DATA TO EXAMINE: Begin
-- ===== src/Blocks/Closed.antt =====
-- `close_sessions_between` of src/babeltower/routes/blocks.py and the sessions of the two agents.
use babeltower.Prelude.{
  ℕ, String, ◌≡◌, false, List, [], ◌∷◌, inl, inr, Bool-cases, arith, All, string_eq, update_where,
  if◌then◌else◌,
}
use babeltower.Models.{Session, session_status_eq}
use babeltower.World.{World}
use babeltower.Sessions.{ended}
use babeltower.Blocks.{is_open_between, close_sessions_between}

closed_between :
    (a_id b_id : String) (now : ℕ) (xs : List Session)
    → All
        (λ s. is_open_between a_id b_id s ≡ false)
        (update_where (is_open_between a_id b_id) (ended now "blocked") xs)
unfolding update_where
closed_between a_id b_id now [] = tt
closed_between a_id b_id now (x ∷ xs) = (one, closed_between a_id b_id now xs)
  where
    one :
        is_open_between a_id b_id (if is_open_between a_id b_id x then ended now "blocked" x else x)
        ≡ false
    one = elim (Bool-cases (is_open_between a_id b_id x)) [
      | inl t ↦ rw t (ground arith)
      | inr t ↦ rw t t
    ]

-- After `close_sessions_between` no session between the two agents, in either direction, is open.
pub close_sessions_between-None :
    (a_id b_id : String) (now : ℕ) (w : World)
    → All
        (λ s. is_open_between a_id b_id s ≡ false)
        (close_sessions_between a_id b_id now w).1.work.sessions
unfolding close_sessions_between
close_sessions_between-None a_id b_id now w = closed_between a_id b_id now w.work.sessions
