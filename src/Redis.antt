-- ===== src/Redis.antt =====
-- Redis as the server uses it: `get` and `setex`. A key that has expired is not there.
use babeltower.Prelude.{
  ℕ, ◌+◌, String, Option, none, some, List, ltb, lookup, insert, if◌then◌else◌,
}
use babeltower.Models.{seconds}
use babeltower.World.{Json, Entry}
use babeltower.Exec.{Exec, ok, err, http}

abbrev pub live : ℕ → Option Entry → Option Json
live now none = none
live now (some e) = if ltb now e.expires_at then some e.value else none

-- `redis.get(key)`, with the JSON read
unfoldable pub get_live : String → ℕ → List (String × Entry) → Option Json
unfolding lookup
get_live key now entries = live now (lookup key entries)

-- `redis.setex(key, ttl, value)`; `ttl` is in seconds
unfoldable pub set_live : String → ℕ → Json → ℕ → List (String × Entry) → List (String × Entry)
unfolding insert
set_live key ttl value now = insert key (record { value = value; expires_at = now + seconds ttl })

-- `get_redis` of routes/register.py, which runs before the handlers that depend on it
unfoldable pub get_redis : Exec (Unit {0})
get_redis w = elim w.redis [
  | none ↦ (err (http 503 "redis unavailable"), w)
  | some entries ↦ (ok tt, w)
]

-- A command, behind `get_redis`.
unfoldable pub redis_get : String → ℕ → Exec (Option Json)
redis_get key now w = elim w.redis [
  | none ↦ (err (http 503 "redis unavailable"), w)
  | some entries ↦ (ok (get_live key now entries), w)
]

unfoldable pub redis_setex : String → ℕ → Json → ℕ → Exec (Unit {0})
redis_setex key ttl value now w = elim w.redis [
  | none ↦ (err (http 503 "redis unavailable"), w)
  | some entries ↦ (ok tt, record w { redis = some (set_live key ttl value now entries) })
]
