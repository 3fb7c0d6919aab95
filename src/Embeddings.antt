-- ===== src/Embeddings.antt =====
-- src/babeltower/embeddings.py: the text that is embedded, the cache in Redis and the three attempts.
-- The Voyage client is a parameter: what it gives for a text at each attempt, an error included. A
-- number of an embedding is its decimal text. The pauses between attempts change nothing.
pub mod Retry
pub mod Cache
use Prim.Native.Char.{Char, code}
use mathlib.Core.List.{reverse}
use babeltower.Prelude.{
  ℕ, zero, suc, ◌+◌, String, ◌<>◌, Option, none, some, Bool, true, false, ◌&&◌, ◌||◌, List, [], ◌∷◌,
  if◌then◌else◌, ◌==◌, ◌!=◌, nat_eq, leb, length, map,
}
use babeltower.World.{World, Json, Entry}
use babeltower.Exec.{
  Exec, Result, ok, err, runtime_error, value_error, cancelled_error, pure, raise, ◌>>=◌, ◌>>◌,
}
use babeltower.Crypto.{CryptoLib}
use babeltower.Redis.{get_live, redis_setex}

abbrev pub embedding_dimensions : ℕ
embedding_dimensions = 1024

abbrev pub embedding_cache_ttl : ℕ
embedding_cache_ttl = 3600

-- `str.isspace`
abbrev pub is_space : ℕ → Bool
is_space c =
    (leb 9 c && leb c 13)
    || ((leb 28 c && leb c 32)
        || (c == 133
            || (c == 160
                || (c == 5760
                    || ((leb 8192 c && leb c 8202)
                        || (c == 8232
                            || (c == 8233 || (c == 8239 || (c == 8287 || c == 12288)))))))))

abbrev pub strip_left : List Char → List Char
strip_left [] = []
strip_left (c ∷ cs) = let rest = strip_left cs in if is_space (code c) then rest else c ∷ cs

abbrev chars_of : String → List Char
chars_of String.[] = []
chars_of (String.◌∷◌ c s) = c ∷ chars_of s

abbrev text_of : List Char → String
text_of [] = ""
text_of (c ∷ cs) = String.◌∷◌ c (text_of cs)

-- `text.strip()`
unfoldable pub strip : String → String
strip s = text_of (reverse (strip_left (reverse (strip_left (chars_of s)))))

unfoldable pub intent_embedding_text : String → String → String → String
unfolding strip
intent_embedding_text seeking offering constraints =
    strip (seeking <> "\n\n" <> offering <> "\n\n" <> constraints)

abbrev pub cached_in : String → ℕ → Option (List (String × Entry)) → Option Json
cached_in key now none = none
cached_in key now (some entries) = get_live key now entries

-- `_redis_get`: without Redis nothing is cached.
unfoldable pub cache_get : String → ℕ → Exec (Option Json)
unfolding get_live
cache_get key now w = (ok (cached_in key now w.redis), w)

-- `_redis_set`
unfoldable pub cache_set : String → List String → ℕ → Exec (Unit {0})
cache_set key embedding now w = elim w.redis [
  | none ↦ (ok tt, w)
  | some entries ↦ redis_setex key embedding_cache_ttl (Json.numbers embedding) now w
]

-- `_cache_key`
unfoldable pub cache_key : CryptoLib → String → String → String
cache_key lib text input_type = "emb:" <> input_type <> ":" <> lib.sha256_hex text

abbrev pub comma_joined : List String → String
comma_joined [] = ""
comma_joined (x ∷ []) = x
comma_joined (x ∷ y ∷ rest) = x <> "," <> comma_joined (y ∷ rest)

-- Iterating over a dict gives its keys.
abbrev pub iterated : Json → List String
iterated (Json.dict o) = map (λ e. e.0) o
iterated (Json.numbers ns) = ns

-- The text of a vector that a column of PostgreSQL holds.
unfoldable pub vector_text : Json → String
vector_text embedding = "[" <> comma_joined (iterated embedding) <> "]"

module _ (lib : CryptoLib) (voyage : String → String → ℕ → Result (List String)) where
  -- The body of the loop, without its handler, once Voyage has answered.
  unfoldable pub attempt : String → ℕ → Result (List String) → Exec Json
  attempt key now (err e) = raise e
  attempt key now (ok embedding) =
      if length embedding != embedding_dimensions
      then raise value_error
      else (do cache_set key embedding now; pure (Json.numbers embedding))

  -- `except Exception`: a cancellation is none.
  unfoldable pub or_again : Exec Json → Result Json × World → Result Json × World
  or_again again (ok embedding, w) = (ok embedding, w)
  or_again again (err cancelled_error, w) = (err cancelled_error, w)
  or_again again (err e, w) = again w

  -- `for attempt in range(3)`, with the attempts that are left and the number of the next one.
  unfoldable pub attempts : ℕ → ℕ → String → String → String → ℕ → Exec Json
  unfolding attempt or_again
  attempts zero n key text input_type now w = (err runtime_error, w)
  attempts (suc left) n key text input_type now w =
      or_again (attempts left (n + 1) key text input_type now)
        (attempt key now (voyage text input_type n) w)

  unfoldable pub with_cached : String → String → String → ℕ → Option Json → Exec Json
  with_cached key text input_type now none = attempts 3 0 key text input_type now
  with_cached key text input_type now (some cached) = pure cached

  unfoldable pub embed_intent : String → String → String → String → ℕ → Exec Json
  unfolding cache_key
  embed_intent seeking offering constraints input_type now = do
    let text = intent_embedding_text seeking offering constraints
    let key = cache_key lib text input_type
    cached ← cache_get key now
    with_cached key text input_type now cached
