-- ===== src/Intents.antt =====
-- src/babeltower/routes/intents.py: creating, reading, deleting and refreshing intents. The embedder
-- is `embed_intent` of embeddings.py.
pub mod Owned
pub mod Limit
pub mod Mine
pub mod Listed
pub mod Refreshed
use Prim.Native.Char.{code}
use babeltower.Prelude.{
  ℕ, suc, ◌+◌, ◌-◌, String, ◌<>◌, Option, none, some, Bool, true, false, ◌&&◌, ◌||◌, List, [], ◌∷◌,
  ◌++◌, if◌then◌else◌, ◌==◌, ◌!=◌, nat_eq, string_eq, leb, find, select, count, update_row,
}
use babeltower.Models.{Db, Agent, Intent, IntentStatus, intent_status_eq, days}
use babeltower.World.{Metrics}
use babeltower.Exec.{Exec, Result, ok, pure, query, execute, commit, on_metrics, ◌>>=◌, ◌>>◌}
use babeltower.Crypto.{CryptoLib}
use babeltower.Embeddings.{vector_text, embed_intent}
use babeltower.Moderation.{
  Regex, scan_intent_text, count_intents_created_since, check_and_apply_soft_ban,
}

-- `[a-z0-9-]`
abbrev pub is_slug_code : ℕ → Bool
is_slug_code c = (leb b'a' c && leb c b'z') || ((leb b'0' c && leb c b'9') || c == b'-')

unfoldable pub all_slug : String → Bool
all_slug String.[] = true
all_slug (String.◌∷◌ c s) = is_slug_code (code c) && all_slug s

unfoldable pub char_count : String → ℕ
char_count String.[] = 0
char_count (String.◌∷◌ c s) = suc (char_count s)

-- `_is_valid_match_type`: a full match of `[a-z0-9-]{1,64}`
unfoldable pub is_valid_match_type : String → Bool
unfolding all_slug char_count
is_valid_match_type s = all_slug s && (leb 1 (char_count s) && leb (char_count s) 64)

-- A field that is absent has its default value here already.
pub record IntentCreateRequest : Type 0 where
  pub match_type : String
  pub seeking : String
  pub offering : String
  pub constraints : String
  pub filters : String
  pub ttl_days : ℕ

-- What `create_intent` returns: the row, or a JSONResponse with an error code; `content_blocked`
-- carries the violations.
pub data Created : Type 0 where
  created : Intent → Created
  refused : ℕ → String → Created
  content_blocked : List String → Created

abbrev pub is_active_of : String → Intent → Bool
is_active_of agent_id i = i.agent_id == agent_id && i.status == IntentStatus.active

unfoldable pub count_active_intents : String → Db → ℕ
unfolding count
count_active_intents agent_id db = count (is_active_of agent_id) db.intents

unfoldable pub new_intent : String → String → IntentCreateRequest → String → ℕ → Intent
new_intent id agent_id body embedding created_at = record {
  id = id;
  agent_id = agent_id;
  match_type = body.match_type;
  seeking = body.seeking;
  offering = body.offering;
  constraints = body.constraints;
  filters = body.filters;
  embedding = embedding;
  ttl_days = body.ttl_days;
  created_at = created_at;
  expires_at = created_at + days body.ttl_days;
  status = IntentStatus.active;
}

abbrev count_created : Agent → Agent
count_created a = record a { intents_created_total = a.intents_created_total + 1 }

unfoldable pub add_intent : Intent → Db → Db
unfolding update_row
add_intent i db = record db {
  agents = update_row (λ a. a.id == i.agent_id) count_created db.agents;
  intents = db.intents ++ i ∷ [];
}

-- `persist_intent`
unfoldable pub persist_intent : Intent → Exec (Unit {0})
unfolding add_intent
persist_intent i = do execute (add_intent i); commit

abbrev inc_intents_created : Metrics → Metrics
inc_intents_created m = record m { intents_created_total = m.intents_created_total + 1 }

-- `intents_created_total.inc()`
unfoldable pub count_created_intent : Exec (Unit {0})
count_created_intent = on_metrics inc_intents_created

module _ (re : Regex) (lib : CryptoLib) (voyage : String → String → ℕ → Result (List String)) where
  unfoldable pub store_intent : String → String → Agent → IntentCreateRequest → ℕ → Exec Created
  store_intent id event_id agent body now = do
    embedding ← embed_intent lib voyage body.seeking body.offering body.constraints "document" now
    let intent = new_intent id agent.id body (vector_text embedding) now
    persist_intent intent
    check_and_apply_soft_ban event_id agent.id now
    commit
    count_created_intent
    pure (created intent)

  -- The handler once the text is accepted.
  unfoldable pub limit_intents : String → String → Agent → IntentCreateRequest → ℕ → Exec Created
  limit_intents id event_id agent body now = do
    active_count ← query (count_active_intents agent.id)
    daily_count ← query (count_intents_created_since agent.id (now - days 1))
    if leb 10 active_count
        then pure (refused 409 "intent_limit_reached")
        else if leb 30 daily_count
        then pure (refused 429 "rate_limited")
        else store_intent id event_id agent body now

  unfoldable pub scanned :
      String → String → Agent → IntentCreateRequest → ℕ → List String → Exec Created
  scanned id event_id agent body now [] = limit_intents id event_id agent body now
  scanned id event_id agent body now (v ∷ vs) = pure (content_blocked (v ∷ vs))

  -- POST /intents; `id` and `event_id` are the ids of the new intent and of a new abuse event.
  unfoldable pub create_intent : String → String → Agent → IntentCreateRequest → ℕ → Exec Created
  create_intent id event_id agent body now =
      if is_valid_match_type body.match_type
      then scanned id event_id agent body now
          (scan_intent_text re (body.seeking <> "\n" <> body.offering <> "\n" <> body.constraints))
      else pure (refused 400 "invalid_match_type")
DATA TO EXAMINE: End
[PROMPT]: In the entries above, find the line with "cache_get key now w" and the line with "the next one.", then restate word for word both of them and every line between, with nothing more.

[SOLUTION FOR THIS PROBLEM]:
cache_get key now w = (ok (cached_in key now w.redis), w)

-- `_redis_set`
unfoldable pub cache_set : String → List String → ℕ → Exec (Unit {0})
cache_set key embedding now w = elim w.redis [
  | none ↦ (ok tt, w)
  | some entries ↦ redis_setex key embedding_cache_ttl (Json.numbers embedding) now w
]

-- `_cache_key`
unfoldable pub cache_key : CryptoLib → String → String → String
cache_key lib text input_type = "emb:" <> input_type <> ":" <> lib.sha256_hex text

abbrev pub comma_joined : List String → String
comma_joined [] = ""
comma_joined (x ∷ []) = x
comma_joined (x ∷ y ∷ rest) = x <> "," <> comma_joined (y ∷ rest)

-- Iterating over a dict gives its keys.
abbrev pub iterated : Json → List String
iterated (Json.dict o) = map (λ e. e.0) o
iterated (Json.numbers ns) = ns

-- The text of a vector that a column of PostgreSQL holds.
unfoldable pub vector_text : Json → String
vector_text embedding = "[" <> comma_joined (iterated embedding) <> "]"

module _ (lib : CryptoLib) (voyage : String → String → ℕ → Result (List String)) where
  -- The body of the loop, without its handler, once Voyage has answered.
  unfoldable pub attempt : String → ℕ → Result (List String) → Exec Json
  attempt key now (err e) = raise e
  attempt key now (ok embedding) =
      if length embedding != embedding_dimensions
      then raise value_error
      else (do cache_set key embedding now; pure (Json.numbers embedding))

  -- `except Exception`: a cancellation is none.
  unfoldable pub or_again : Exec Json → Result Json × World → Result Json × World
  or_again again (ok embedding, w) = (ok embedding, w)
  or_again again (err cancelled_error, w) = (err cancelled_error, w)
  or_again again (err e, w) = again w

  -- `for attempt in range(3)`, with the attempts that are left and the number of the next one.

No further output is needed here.